Every line of the entries below from the one containing "abbrev pub dind_spec" to the one containing "actions = logs", both ends included, must be written out exactly. No other line belongs in the answer.

##### Materials provided #####

-- ===== src/Command/Process/Ends.antt =====
-- The exit status of the process (cmd/multistage-docker-worker) and the tasks of its worker.
use taskcluster_multistage_d.Common.{
  ℕ, ◌≡◌, ◌≢◌, refl, sym, subst, Bool, Option, none, some, List, length, inl, inr, String,
}
use taskcluster_multistage_d.Exception.{Error}
use taskcluster_multistage_d.Worker.Calls.{Result, ok, err}
use taskcluster_multistage_d.Worker.Claim.{TaskClaim}
use taskcluster_multistage_d.Worker.Loop.{
  Exit, context_error, immediate_stop, nothing, shutdown_result, Config,
}
use taskcluster_multistage_d.Worker.Loop.System.{Status, looping, returned, panicked, stuck}
use taskcluster_multistage_d.Worker.Loop.Runs.{IsModest}
use taskcluster_multistage_d.Worker.Loop.Safety.{run-returned}
use taskcluster_multistage_d.Worker.Loop.Signals.{
  Worker, Input, Retry, run_worker, trace, begin, run_worker-trace,
}
use taskcluster_multistage_d.Worker.Setup.{Worker as Prepared}
use taskcluster_multistage_d.WorkerProto.Communicator.{Communicator}
use taskcluster_multistage_d.Command.{Flags, Started, run_command}
use taskcluster_multistage_d.Command.Process.{
  MainWorld, exited, loop_config, run_error, after_status, after_start, after_parse, after_log,
  run_main,
}

-- The status of a loop whose process has exited with 0.
returned_zero :
    (c : Option Communicator) (cancelled : Bool) (status : Status)
    → after_status c cancelled status ≡ exited 0
    → (e : Exit) × (status ≡ returned e) × (e ≢ immediate_stop)
unfolding run_error
returned_zero c cancelled looping h = absurd (cc)
returned_zero c cancelled panicked h = absurd (cc)
returned_zero c cancelled stuck h = absurd (cc)
returned_zero c cancelled (returned context_error) h = (context_error, refl, λ x. cc)
returned_zero c cancelled (returned immediate_stop) h = absurd (cc)
returned_zero c cancelled (returned nothing) h = (nothing, refl, λ x. cc)
returned_zero c cancelled (returned shutdown_result) h = (shutdown_result, refl, λ x. cc)

-- What holds of the worker when the loop has returned without being told to stop at once.
abbrev pub Idle : Worker → Type 0
Idle v =
    (e : Exit) × (v.system.status ≡ returned e)
    × (e ≢ immediate_stop)
    × (length v.system.running ≡ 0)
    × (length v.system.completed ≡ 0)

-- A worker was prepared, and it is idle.
abbrev pub Finished :
    Retry → (ℕ → ℕ → List TaskClaim) → MainWorld → ℕ → List Input → Option Flags → Type 0
Finished gives_up queue m now is parsed =
    (flags : Flags) × (w : Prepared String) × (parsed ≡ some flags)
    × ((run_command m.command_world flags).worker ≡ ok w)
    × Idle (run_worker gives_up queue (loop_config w) is (begin (loop_config w) now))

module _ (gives_up : Retry) (queue : ℕ → ℕ → List TaskClaim) (modest : IsModest queue) where
  run_worker-Idle :
      (cfg : Config) (now : ℕ) (is : List Input) (c : Option Communicator)
      → (let v = run_worker gives_up queue cfg is (begin cfg now) in
          after_status c v.cancelled v.system.status ≡ exited 0)
      → Idle (run_worker gives_up queue cfg is (begin cfg now))
  run_worker-Idle cfg now is c h =
      let v = run_worker gives_up queue cfg is (begin cfg now) in
      let (e, back, told) = returned_zero c v.cancelled v.system.status h in
      let same = run_worker-trace gives_up queue cfg is (begin cfg now) in
      elim (run-returned queue modest cfg now (trace gives_up queue cfg is (begin cfg now)) e
        (subst (λ s. s.status ≡ returned e) same back)) [
          | inl stop ↦ absurd (told stop)
          | inr (none_running, none_completed) ↦ (
            e,
            back,
            told,
            subst (λ s. length s.running ≡ 0) (sym same) none_running,
            subst (λ s. length s.completed ≡ 0) (sym same) none_completed,
          )
        ]

  after_start-Idle :
      (now : ℕ) (is : List Input) (s : Started) (r : Result (Prepared String))
      → after_start gives_up queue now is s r ≡ exited 0
      → (w : Prepared String) × (r ≡ ok w)
        × Idle (run_worker gives_up queue (loop_config w) is (begin (loop_config w) now))
  after_start-Idle now is s (err e) h = absurd (cc)
  after_start-Idle now is s (ok w) h =
      (w, refl, run_worker-Idle (loop_config w) now is s.runner.communicator h)

  after_parse-Finished :
      (m : MainWorld) (now : ℕ) (is : List Input) (parsed : Option Flags)
      → after_parse gives_up queue m now is parsed ≡ exited 0
      → Finished gives_up queue m now is parsed
  after_parse-Finished m now is none h = absurd (cc)
  after_parse-Finished m now is (some flags) h =
      let s = run_command m.command_world flags in
      let (w, e, idle) = after_start-Idle now is s s.worker h in (flags, w, refl, e, idle)

-- If the queue answers with no more tasks than it was asked for, then the process exits with status 0 only
-- from a worker that was prepared and whose loop has returned, not told to stop at once, with no task
-- running and none to be collected: over every sequence of signals, packets of the runner, answers of the
-- queue and ends of tasks, no task is cut off by an end of the process that reports success.
pub run_main-exit_zero :
    (gives_up : Retry) (queue : ℕ → ℕ → List TaskClaim)
    → IsModest queue
    → (m : MainWorld) (now : ℕ) (is : List Input) → run_main gives_up queue m now is ≡ exited 0
    → Finished gives_up queue m now is m.parse
unfolding run_main
run_main-exit_zero gives_up queue modest m now is h = go m.new_production h
  where
    go :
        (o : Option Error)
        → after_log gives_up queue m now is o ≡ exited 0
        → Finished gives_up queue m now is m.parse
    go none e = after_parse-Finished gives_up queue modest m now is m.parse e
    go (some x) e = absurd (cc)
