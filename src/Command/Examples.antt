-- ===== src/Command/Examples.antt =====
-- The theorems on the process (cmd/multistage-docker-worker) at concrete inputs.
use taskcluster_multistage_d.Common.{
  ℕ, zero, suc, ◌≡◌, refl, true, false, ◌||◌, some, none, List, [], ◌∷◌, arith, ◌==◌, if◌then◌else◌,
}
use taskcluster_multistage_d.Exception.{plain}
use taskcluster_multistage_d.LiveLog.{ListenWorld}
use taskcluster_multistage_d.Worker.Calls.{ok, err}
use taskcluster_multistage_d.Worker.Claim.{TaskClaim}
use taskcluster_multistage_d.Worker.Loop.{on_response, on_completed, on_stop}
use taskcluster_multistage_d.Worker.Loop.System.{
  queue_answers, response_received, task_ends, slot_returned, stop_received, start, run, step,
}
use taskcluster_multistage_d.Worker.Loop.Runs.{IsModest}
use taskcluster_multistage_d.Worker.Loop.Signals.{Input, happens, Retry, run_worker}
use taskcluster_multistage_d.WorkerProto.Communicator.{Codec, Communicator, hello}
use taskcluster_multistage_d.WorkerProto.Parser.{Decoder, reading}
use taskcluster_multistage_d.WorkerProto.Parser.RoundTrip.{Packet, IsPacket, write_all}
use taskcluster_multistage_d.WorkerProto.Stream.{run_communicator}
use taskcluster_multistage_d.WorkerProto.Termination.{receive}
use taskcluster_multistage_d.Command.{CommandWorld, run_command}
use taskcluster_multistage_d.Command.Termination.{all_local}
use taskcluster_multistage_d.Command.Stdin.{run_command-stdin}
use taskcluster_multistage_d.Command.Process.{MainWorld, run_error, run_main}
use taskcluster_multistage_d.Command.Process.Ends.{Finished, run_main-exit_zero}

abbrev listen_world : ListenWorld
listen_world = record {
  websocktunnel_token = λ credentials root audience id. ok "token";
  new_client = λ config. ok "https://tunnel/w.1";
  listen = λ address. none;
}

abbrev world : CommandWorld
world = record {
  read_file = λ path. err (plain "not found");
  unmarshal = λ contents config. ok config;
  new_env_client = none;
  listen_world = listen_world;
}

abbrev codec : Codec
codec = record {
  decode_hello = λ packet. some ("log" ∷ []);
  decode_termination = λ packet. some true;
}

-- The texts "{w}" and "{t}".
abbrev welcome_packet : Packet
welcome_packet = record { packet_type = "welcome"; body = b'w' ∷ [] }

abbrev termination_packet : Packet
termination_packet = record { packet_type = "graceful-termination"; body = b't' ∷ [] }

abbrev decode : Decoder
decode [] = none
decode (a ∷ []) = none
decode (a ∷ b ∷ bytes) = if b == b'w' then some ("welcome", 0) else some ("graceful-termination", 0)

welcome_packet-IsPacket : IsPacket decode welcome_packet
welcome_packet-IsPacket = record {
  named = refl;
  one_line = (refl, tt);
  fits = omega arith;
  decoded = refl;
}

termination_packet-IsPacket : IsPacket decode termination_packet
termination_packet-IsPacket = record {
  named = refl;
  one_line = (refl, tt);
  fits = omega arith;
  decoded = refl;
}

run_command-stdin_example :
    (c d : Communicator) × ((run_command world
        (record { config = ""; with_worker_runner = true })).runner.communicator
      ≡ some c)
    × (run_communicator
          (λ bytes. "{}")
          decode
          codec
          (write_all (welcome_packet ∷ termination_packet ∷ []))
          none
          c
        ≡ reading d [])
    × (d.written ≡ hello ("shutdown" ∷ "graceful-termination" ∷ "error-report" ∷ "log" ∷ []) ∷ [])
    × (d.connected ≡ record { local = all_local; remote = "log" ∷ [] } ∷ [])
    × (receive 3 d.stop ≡ some (true ∷ false ∷ false ∷ []))
run_command-stdin_example =
    run_command-stdin world "" (λ bytes. "{}") decode codec welcome_packet termination_packet
      ("log" ∷ []) true 2 (welcome_packet-IsPacket, (termination_packet-IsPacket, tt)) refl refl
      refl refl

abbrev claim : TaskClaim
claim = record {
  task_id = "task";
  task_group_id = "group";
  run_id = 0;
  credentials = record { client_id = "worker"; access_token = "token"; certificate = "" };
  expires = 900;
  taken_until = 20;
}

abbrev one_task : ℕ → ℕ → List TaskClaim
one_task i zero = []
one_task i (suc n) = claim ∷ []

one_task-IsModest : IsModest one_task
one_task-IsModest i zero = omega arith
one_task-IsModest i (suc n) = omega arith

abbrev retry : Retry
retry done permanent = done || permanent

abbrev main_world : MainWorld
main_world = record {
  new_production = none;
  parse = some (record { config = ""; with_worker_runner = true });
  command_world = world;
}

-- A task is claimed and runs; the runner asks for a graceful stop; the task ends.
abbrev inputs : List Input
inputs =
    happens (queue_answers 0)
    ∷ happens (response_received 1)
    ∷ happens (stop_received true)
    ∷ happens (task_ends 0)
    ∷ happens (slot_returned 9)
    ∷ []

run_main-exit_zero_example : Finished retry one_task main_world 0 inputs main_world.parse
unfolding run_main run_command run_worker start run step on_response on_completed on_stop run_error
run_main-exit_zero_example =
    run_main-exit_zero retry one_task one_task-IsModest main_world 0 inputs refl
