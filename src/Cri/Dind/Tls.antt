-- ===== src/Cri/Dind/Tls.antt =====
-- internal/cri/dind.go: `tlsConfigFromTar`, which reads a TLS configuration from a tar archive. How
-- `X509KeyPair` parses a certificate and its key is a parameter, and so is the type of its results.
pub mod Contents
pub mod Files
pub mod Pairs
use taskcluster_multistage_d.Common.{
  ◌≡◌, refl, ap, ◌∙◌, Bool, true, false, ℕ, Option, none, some, List, [], ◌∷◌, ◌++◌, append_assoc,
  append-nil, String, str_eq, if◌then◌else◌, Bool-cases, inl, inr,
}
use taskcluster_multistage_d.Exception.{Error}
use taskcluster_multistage_d.Worker.Calls.{Result, ok, err}

-- An entry of the archive. Reading its content may fail.
pub record TarEntry : Type 0 where
  pub name : String
  pub is_dir : Bool
  pub content : Result (List ℕ)

-- The entries that the reader yields, and the error at the end, `none` for `io.EOF`.
pub record Tar : Type 0 where
  pub entries : List TarEntry
  pub ends : Option Error

-- The texts given to the pool of certificate authorities after the system's, and the key pairs.
pub record TlsConfig (Pair : Type 0) : Type 0 where
  pub root_cas : List (List ℕ)
  pub certificates : List Pair

-- The variables of the loop, and the names logged as unexpected.
pub record Loading (Pair : Type 0) : Type 0 where
  pub cert : Option (List ℕ)
  pub key : Option (List ℕ)
  pub config : TlsConfig Pair
  pub log : List String

-- The result, with what has been logged.
pub record Loaded (Pair : Type 0) : Type 0 where
  pub log : List String
  pub result : Result (TlsConfig Pair)

module _ {Pair : Type 0} (x509_key_pair : List ℕ → List ℕ → Result Pair) where
  -- The `switch` on the name.
  abbrev pub store_file : String → List ℕ → Loading Pair → Loading Pair
  store_file name content l =
      if str_eq name "client/cert.pem"
      then record l { cert = some content }
      else if str_eq name "client/key.pem"
      then record l { key = some content }
      else if str_eq name "client/ca.pem"
      then record l { config = record (l.config) { root_cas = l.config.root_cas ++ content ∷ [] } }
      else if str_eq name "client/openssl.cnf"
      then l
      else if str_eq name "client/csr.pem"
      then l
      else record l { log = l.log ++ name ∷ [] }

  abbrev pub add_pair : Loading Pair → Result Pair → Result (Loading Pair)
  add_pair l (err e) = err e
  add_pair l (ok pair) = ok (record {
    cert = none;
    key = none;
    config = record (l.config) { certificates = l.config.certificates ++ pair ∷ [] };
    log = l.log;
  })

  -- `if cert != nil && key != nil`.
  abbrev pub pair_up : Option (List ℕ) → Option (List ℕ) → Loading Pair → Result (Loading Pair)
  pair_up (some cert) (some key) l = add_pair l (x509_key_pair cert key)
  pair_up none key l = ok l
  pair_up (some cert) none l = ok l

  -- The rest of the archive, unless the round has failed; the log stays.
  abbrev pub go_on :
      (Loading Pair → Loaded Pair) → List String → Result (Loading Pair) → Loaded Pair
  go_on next log (err e) = record { log = log; result = err e }
  go_on next log (ok l) = next l

  abbrev pub load_file :
      (Loading Pair → Loaded Pair) → Loading Pair → String → Result (List ℕ) → Loaded Pair
  load_file next l name (err e) = record { log = l.log; result = err e }
  load_file next l name (ok content) =
      let stored = store_file name content l in
      go_on next stored.log (pair_up stored.cert stored.key stored)

  abbrev pub at_end : Option Error → Loading Pair → Loaded Pair
  at_end none l = record { log = l.log; result = ok l.config }
  at_end (some e) l = record { log = l.log; result = err e }

  -- The loop.
  unfoldable pub load_entries : List TarEntry → Option Error → Loading Pair → Loaded Pair
  load_entries [] ends l = at_end ends l
  load_entries (f ∷ fs) ends l =
      let next = load_entries fs ends l in
      let load = load_file (load_entries fs ends) l f.name f.content in
      if f.is_dir then next else load

  unfoldable pub tls_config_from_tar : Tar → Loaded Pair
  unfolding load_entries
  tls_config_from_tar tar = load_entries tar.entries tar.ends (record {
    cert = none;
    key = none;
    config = record { root_cas = []; certificates = [] };
    log = [];
  })
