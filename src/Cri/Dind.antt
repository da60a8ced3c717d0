-- ===== src/Cri/Dind.antt =====
-- internal/cri/dind.go: `SandboxCreate`, which starts docker-in-docker in a container, waits until it
-- answers, and fetches its TLS configuration. `backoff.Retry`, the Docker client and `X509KeyPair` are
-- parameters.
pub mod Tls
pub mod Cleanup
pub mod Ready
use Prim.Native.String.{◌++◌ as append}
use taskcluster_multistage_d.Common.{
  ℕ, Bool, true, false, Option, none, some, List, [], ◌∷◌, ◌++◌, map, String, str_eq, ◌==◌,
  if◌then◌else◌, last, decimal,
}
use taskcluster_multistage_d.Exception.{Error, plain, wrapped}
use taskcluster_multistage_d.Worker.Calls.{Result, ok, err}
use taskcluster_multistage_d.Cri.{ContainerSpec, ContainerStatus}
use taskcluster_multistage_d.Cri.Dind.Tls.{Tar, TlsConfig, Loaded, tls_config_from_tar}

-- What `SandboxCreate` does: its calls that change something, and what it logs.
pub data Action : Type 0 where
  pulls : String → Action
  creates : ContainerSpec → Action
  starts_run : String → Action
  connects : String → Action
  reads_files : String → String → Action
  closes_files : Action
  logs : String → String → Action
  logs_error : Error → String → Action
  removes : String → Action

-- What an attempt tells `backoff.Retry`: nil, an error, or an error made `Permanent`.
pub data Attempt : Type 0 where
  passes : Attempt
  retries : Error → Attempt
  permanent : Error → Attempt

-- Everything outside. `statuses` and `infos` are the answers to the attempts that the two calls of
-- `backoff.Retry` make; `retry` is what it returns, given what its attempts told it.
pub record DindWorld (Pair : Type 0) : Type 0 where
  pub pull : Option Error
  pub create : Result String
  pub retry : List Attempt → Option Error
  pub statuses : List (Result ContainerStatus)
  pub new_client : Option Error
  pub infos : List (Result String)
  pub is_connection_failed : Error → Bool
  pub read_files : Result Tar
  pub x509_key_pair : List ℕ → List ℕ → Result Pair
  pub info : Result String
  pub remove : Option Error

-- A Docker client for the host, with its TLS configuration, and the container to remove at the end.
pub record DindSandbox (Pair : Type 0) : Type 0 where
  pub host : String
  pub tls : TlsConfig Pair
  pub container : String

-- `crashes` is the use of a nil status.
pub data Ending (Pair : Type 0) : Type 0 where
  returns : DindSandbox Pair → Ending Pair
  fails : Error → Ending Pair
  crashes : Ending Pair

pub record Outcome (Pair : Type 0) : Type 0 where
  pub actions : List Action
  pub ending : Ending Pair

-- The attempt that waits for the container to start.
abbrev pub try_started : Option ℕ → Option ℕ → String → Attempt
try_started none finish ip = retries (plain "container not started yet")
try_started (some start) (some finish) ip = permanent (plain "container exited")
try_started (some start) none ip =
    if str_eq ip "" then retries (plain "container has no IP address") else passes

unfoldable pub try_status : Result ContainerStatus → Attempt
try_status (err e) = retries e
try_status (ok status) = try_started status.started_at status.finished_at status.ip_address

-- The attempt that waits for Docker: an error other than a failed connection counts as an answer.
abbrev pub try_info : (Error → Bool) → Result String → Attempt
try_info is_connection_failed (ok version) = passes
try_info is_connection_failed (err e) = if is_connection_failed e then retries e else passes

abbrev pub remove_container : Option Error → String → List Action
remove_container none id = removes id ∷ []
remove_container (some e) id = removes id ∷ logs_error e "Failed to remove docker-in-docker" ∷ []

-- `tlsConfigFromTar` logs the names of the files that it does not expect.
abbrev pub log_files : List String → List Action
log_files [] = []
log_files (file ∷ files) = logs "unexpected file" file ∷ log_files files

module _ {Pair : Type 0} where
  abbrev pub fail : Error → Outcome Pair
  fail e = record { actions = []; ending = fails e }

  abbrev pub after : List Action → Outcome Pair → Outcome Pair
  after actions o = record o { actions = actions ++ o.actions }

  -- `if err != nil { return nil, err }`.
  abbrev pub unless : Option Error → Outcome Pair → Outcome Pair
  unless none o = o
  unless (some e) o = fail e

  -- `defer`: unless the sandbox is returned, the container is removed.
  abbrev pub clean_up : Option Error → String → Ending Pair → List Action
  clean_up remove id (returns sandbox) = []
  clean_up remove id (fails e) = remove_container remove id
  clean_up remove id crashes = remove_container remove id

abbrev pub dind_spec : String → String → ContainerSpec
dind_spec image name = record {
  name = name;
  image = image;
  entrypoint = [];
  command = [];
  env = ("DOCKER_TLS_CERTDIR", "/certs") ∷ [];
  working_dir = "";
  volumes = "/var/lib/docker" ∷ [];
  binds = [];
  privileged = true;
  pod_with = none;
}

module _ {Pair : Type 0} (w : DindWorld Pair) (image : String) (name : String) where
  abbrev pub after_info : String → String → TlsConfig Pair → Result String → Outcome Pair
  after_info id host tls (err e) = fail (wrapped "failed to fetch docker info: " e)
  after_info id host tls (ok version) = record {
    actions = logs "Connected to docker" version ∷ [];
    ending = returns (record { host = host; tls = tls; container = id });
  }

  abbrev pub after_tls : String → String → Result (TlsConfig Pair) → Outcome Pair
  after_tls id host (err e) = fail (wrapped "failed to configure dind tls: " e)
  after_tls id host (ok tls) = after_info id host tls w.info

  abbrev pub after_read : String → String → Result Tar → Outcome Pair
  unfolding tls_config_from_tar
  after_read id host (err e) = fail (wrapped "failed to fetch dind tls: " e)
  after_read id host (ok tar) =
      let loaded = tls_config_from_tar w.x509_key_pair tar in
      after (log_files loaded.log ++ closes_files ∷ []) (after_tls id host loaded.result)

  abbrev pub fetch_tls : String → String → Outcome Pair
  unfolding tls_config_from_tar
  fetch_tls id host = after (reads_files id "/certs/client" ∷ []) (after_read id host w.read_files)

  abbrev pub after_client : String → String → Option Error → Outcome Pair
  unfolding tls_config_from_tar
  after_client id host (some e) = fail (wrapped "failed to connect to dind: " e)
  after_client id host none =
      unless (w.retry (map (try_info w.is_connection_failed) w.infos)) (fetch_tls id host)

  -- `status` is what the last attempt assigned: nil, if it was an error.
  abbrev pub connect : String → Option (Result ContainerStatus) → Outcome Pair
  unfolding tls_config_from_tar
  connect id (some (ok status)) =
      let host = append "tcp://" (append status.ip_address ":2376") in
      after (connects host ∷ []) (after_client id host w.new_client)
  connect id (some (err e)) = record { actions = []; ending = crashes }
  connect id none = record { actions = []; ending = crashes }

  abbrev pub wait_and_connect : String → Outcome Pair
  unfolding tls_config_from_tar try_status
  wait_and_connect id = unless (w.retry (map try_status w.statuses)) (connect id (last w.statuses))

  abbrev pub with_container : Result String → Outcome Pair
  unfolding tls_config_from_tar try_status
  with_container (err e) = fail e
  with_container (ok id) =
      let o = wait_and_connect id in
      record {
        actions = starts_run id ∷ (o.actions ++ clean_up w.remove id o.ending);
        ending = o.ending;
      }

  abbrev pub after_pull : Option Error → Outcome Pair
  unfolding tls_config_from_tar try_status
  after_pull (some e) = fail (wrapped "error pulling dind image: " e)
  after_pull none = after (creates (dind_spec image name) ∷ []) (with_container w.create)

  unfoldable pub sandbox_create : Outcome Pair
  unfolding tls_config_from_tar try_status
  sandbox_create = after (pulls image ∷ []) (after_pull w.pull)

-- The error that the goroutine of the container's run logs.
abbrev pub exit_error : ℕ → Option Error
exit_error code =
    if code == 0 then none else some (plain (append "exited with code " (decimal code)))

unfoldable pub run_error : Result ℕ → Option Error
run_error (err e) = some e
run_error (ok code) = exit_error code

-- `Close` of the sandbox removes the container.
unfoldable pub close_sandbox : {Pair : Type 0} → DindSandbox Pair → Action
close_sandbox s = removes s.container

#####

**Reply to the exercise:**
abbrev pub dind_spec : String → String → ContainerSpec
dind_spec image name = record {
  name = name;
  image = image;
  entrypoint = [];
  command = [];
  env = ("DOCKER_TLS_CERTDIR", "/certs") ∷ [];
  working_dir = "";
  volumes = "/var/lib/docker" ∷ [];
  binds = [];
  privileged = true;
  pod_with = none;
}

module _ {Pair : Type 0} (w : DindWorld Pair) (image : String) (name : String) where
  abbrev pub after_info : String → String → TlsConfig Pair → Result String → Outcome Pair
  after_info id host tls (err e) = fail (wrapped "failed to fetch docker info: " e)
  after_info id host tls (ok version) = record {
    actions = logs "Connected to docker" version ∷ [];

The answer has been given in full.